● PROBLEM TO WORK ON
From the records below, transcribe only the lines running from the one with "sink_among m [] sink = ok sink" through the one with "process_successors connections rounds []". Keep both of those end lines.

--- RECORDS TO USE Enclosed Below ---

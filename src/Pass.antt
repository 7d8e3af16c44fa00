-- ===== src/Pass.antt =====
-- src/tamara_tmr_pass.cpp: the command tamara_tmr, which drives all the rest.
pub mod Ends
pub mod Sink
pub mod Memories
pub mod Worklist
pub mod Runs
pub mod Refinement
pub mod Complete
pub mod Ballots
pub mod Voted
pub mod Votes
use tamara.Cone.Search.{search, LogicCone}
use tamara.Voter.{VoterBuilder, finalise, new_builder}
use tamara.Cone.Successors.{Globals, new_logic_cone, build_successors}
use tamara.Rtlil.Kernel.{cell, wire}
use tamara.Util.Names.{ignore_annotation, error_sink_annotation}
use tamara.Util.Connections.{analyse_all, Connections}
use tamara.Cone.Replicate.{replicate}
use tamara.Cone.Wiring.{wire_cone}
use tamara.Common.{
  List, Option, Result, foldl, if◌then◌else◌, select, M, none, ok, some, and_then, err, ◌∷◌, Error,
  [], ℕ, ◌++◌, is_some, length, suc, zero, ◌+◌,
}
use tamara.Rtlil.Platform.{Platform}

module _ (p : Platform) where
  open p use {kernel, wire_map}
  open kernel use {
    Wire, Cell, Module, wire_name, port_output, wires, cells, is_mem_cell, has_attribute,
    set_bool_attribute,
  }

  -- what the cones work on: the top module, its voter builder and LogicCone's static members
  pub record Session : Type 0 where
    pub netlist : Module
    pub builder : VoterBuilder kernel
    pub globals : Globals p

  -- `markMemoriesIgnored`
  unfoldable pub mark_memory : Module → Cell → Module
  mark_memory m c = if is_mem_cell c then set_bool_attribute (cell c) ignore_annotation m else m

  unfoldable pub mark_memories_ignored : Module → Module
  unfolding mark_memory
  mark_memories_ignored m = foldl mark_memory m (cells m)

  -- `getOutputPorts`
  unfoldable pub get_output_ports : Module → List Wire
  get_output_ports m = select port_output (wires m)

  -- `locateErrorSink`; `sink` is the one found before
  unfoldable pub sink_among : Module → List Wire → Option Wire → Result (Option Wire)
  sink_among m [] sink = ok sink
  sink_among m (w ∷ ws) sink =
      let next = sink_among m ws (some w) in
      let same = sink_among m ws sink in
      if has_attribute m (wire w) error_sink_annotation
      then (if is_some sink then err (Error.duplicate_error_sink (wire_name w)) else next)
      else same

  unfoldable pub locate_error_sink : Module → Result (Option Wire)
  unfolding sink_among
  locate_error_sink m = sink_among m (wires m) none

  -- the four calls on a cone, which both loops of `execute` make
  unfoldable pub process_cone : Connections p → LogicCone p → M Session (List (LogicCone p))
  process_cone connections c s = elim (search p connections.wires c) [
    | err e ↦ err e
    | ok c ↦ and_then (replicate p c (λ _. []) s.netlist) (λ replicas m.
        and_then (wire_cone p c replicas connections s.builder m) (λ builder m.
          and_then (build_successors p connections.wires c s.globals) (λ cones globals.
            ok (cones, record { netlist = m; builder = builder; globals = globals }))))
  ]

  -- one output port: the error sink is passed over
  unfoldable pub process_output : Connections p → Wire → M Session (List (LogicCone p))
  process_output connections output s =
      if has_attribute s.netlist (wire output) error_sink_annotation
      then ok ([], s)
      else and_then (new_logic_cone p (wire output) s.globals)
          (λ c globals. process_cone connections c (record s { globals = globals }))

  unfoldable pub process_outputs :
      Connections p → List Wire → List (LogicCone p) → M Session (List (LogicCone p))
  process_outputs connections [] successors s = ok (successors, s)
  process_outputs connections (output ∷ outputs) successors s =
      and_then (process_output connections output s)
        (λ cones s. process_outputs connections outputs (successors ++ cones) s)

  -- The loop over the queue of successors, whose rounds are counted; `none` is a loop that goes on.
  unfoldable pub process_successors :
      Connections p → ℕ → List (LogicCone p) → Session → Option (Result (Unit {0} × Session))
  process_successors connections rounds [] s = some (ok (tt, s))
  process_successors connections zero (c ∷ queue) s = none
  process_successors connections (suc rounds) (c ∷ queue) s = elim (process_cone connections c s) [
    | err e ↦ some (err e)
    | ok (cones, s) ↦ process_successors connections rounds (queue ++ cones) s
  ]

  -- Every round takes a cone from the queue, and an object enters the queue once at most.
  abbrev pub enough_rounds : Connections p → List (LogicCone p) → ℕ
  enough_rounds connections queue = length queue + length (wire_map.entries connections.wires)

  -- the end of `execute`: the reports of all voters
  unfoldable pub sink_errors : Option Wire → M Session (Unit {0})
  sink_errors none s = ok (tt, s)
  sink_errors (some sink) s =
      and_then (finalise kernel s.builder sink s.netlist) (λ _ m. ok (tt, record s { netlist = m }))

  abbrev pub sink_after :
      Option Wire → Option (Result (Unit {0} × Session)) → Option (Result (Unit {0} × Session))
  sink_after sink none = none
  sink_after sink (some r) = some (and_then r (λ _ s. sink_errors sink s))

  -- `execute` on the top module, which may be missing
  unfoldable pub run_module :
      Module → Option Wire → Globals p → Option (Result (Unit {0} × Session))
  run_module top sink globals =
      let m = mark_memories_ignored top in
      let connections = analyse_all p m in
      let s : Session = record { netlist = m; builder = new_builder kernel; globals = globals } in
      elim (process_outputs connections (get_output_ports m) [] s) [
        | err e ↦ some (err e)
        | ok (queue, s) ↦
            sink_after sink
              (process_successors connections (enough_rounds connections queue) queue s)
      ]

  unfoldable pub execute : Option Module → Globals p → Option (Result (Unit {0} × Session))
  execute none globals = some (err Error.no_top_module)
  execute (some top) globals = elim (locate_error_sink top) [
    | err e ↦ some (err e)
    | ok sink ↦ run_module top sink globals
  ]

--- End of Enclosed RECORDS TO USE ---

● TASK SOLUTION
  sink_among m [] sink = ok sink
  sink_among m (w ∷ ws) sink =
      let next = sink_among m ws (some w) in
      let same = sink_among m ws sink in
      if has_attribute m (wire w) error_sink_annotation
      then (if is_some sink then err (Error.duplicate_error_sink (wire_name w)) else next)
      else same

  unfoldable pub locate_error_sink : Module → Result (Option Wire)
  unfolding sink_among
  locate_error_sink m = sink_among m (wires m) none

  -- the four calls on a cone, which both loops of `execute` make
  unfoldable pub process_cone : Connections p → LogicCone p → M Session (List (LogicCone p))
  process_cone connections c s = elim (search p connections.wires c) [
    | err e ↦ err e
    | ok c ↦ and_then (replicate p c (λ _. []) s.netlist) (λ replicas m.
        and_then (wire_cone p c replicas connections s.builder m) (λ builder m.
          and_then (build_successors p connections.wires c s.globals) (λ cones globals.
            ok (cones, record { netlist = m; builder = builder; globals = globals }))))
  ]

  -- one output port: the error sink is passed over
  unfoldable pub process_output : Connections p → Wire → M Session (List (LogicCone p))
  process_output connections output s =
      if has_attribute s.netlist (wire output) error_sink_annotation
      then ok ([], s)
      else and_then (new_logic_cone p (wire output) s.globals)
          (λ c globals. process_cone connections c (record s { globals = globals }))

  unfoldable pub process_outputs :
      Connections p → List Wire → List (LogicCone p) → M Session (List (LogicCone p))
  process_outputs connections [] successors s = ok (successors, s)
  process_outputs connections (output ∷ outputs) successors s =
      and_then (process_output connections output s)
        (λ cones s. process_outputs connections outputs (successors ++ cones) s)

  -- The loop over the queue of successors, whose rounds are counted; `none` is a loop that goes on.
  unfoldable pub process_successors :
      Connections p → ℕ → List (LogicCone p) → Session → Option (Result (Unit {0} × Session))
  process_successors connections rounds [] s = some (ok (tt, s))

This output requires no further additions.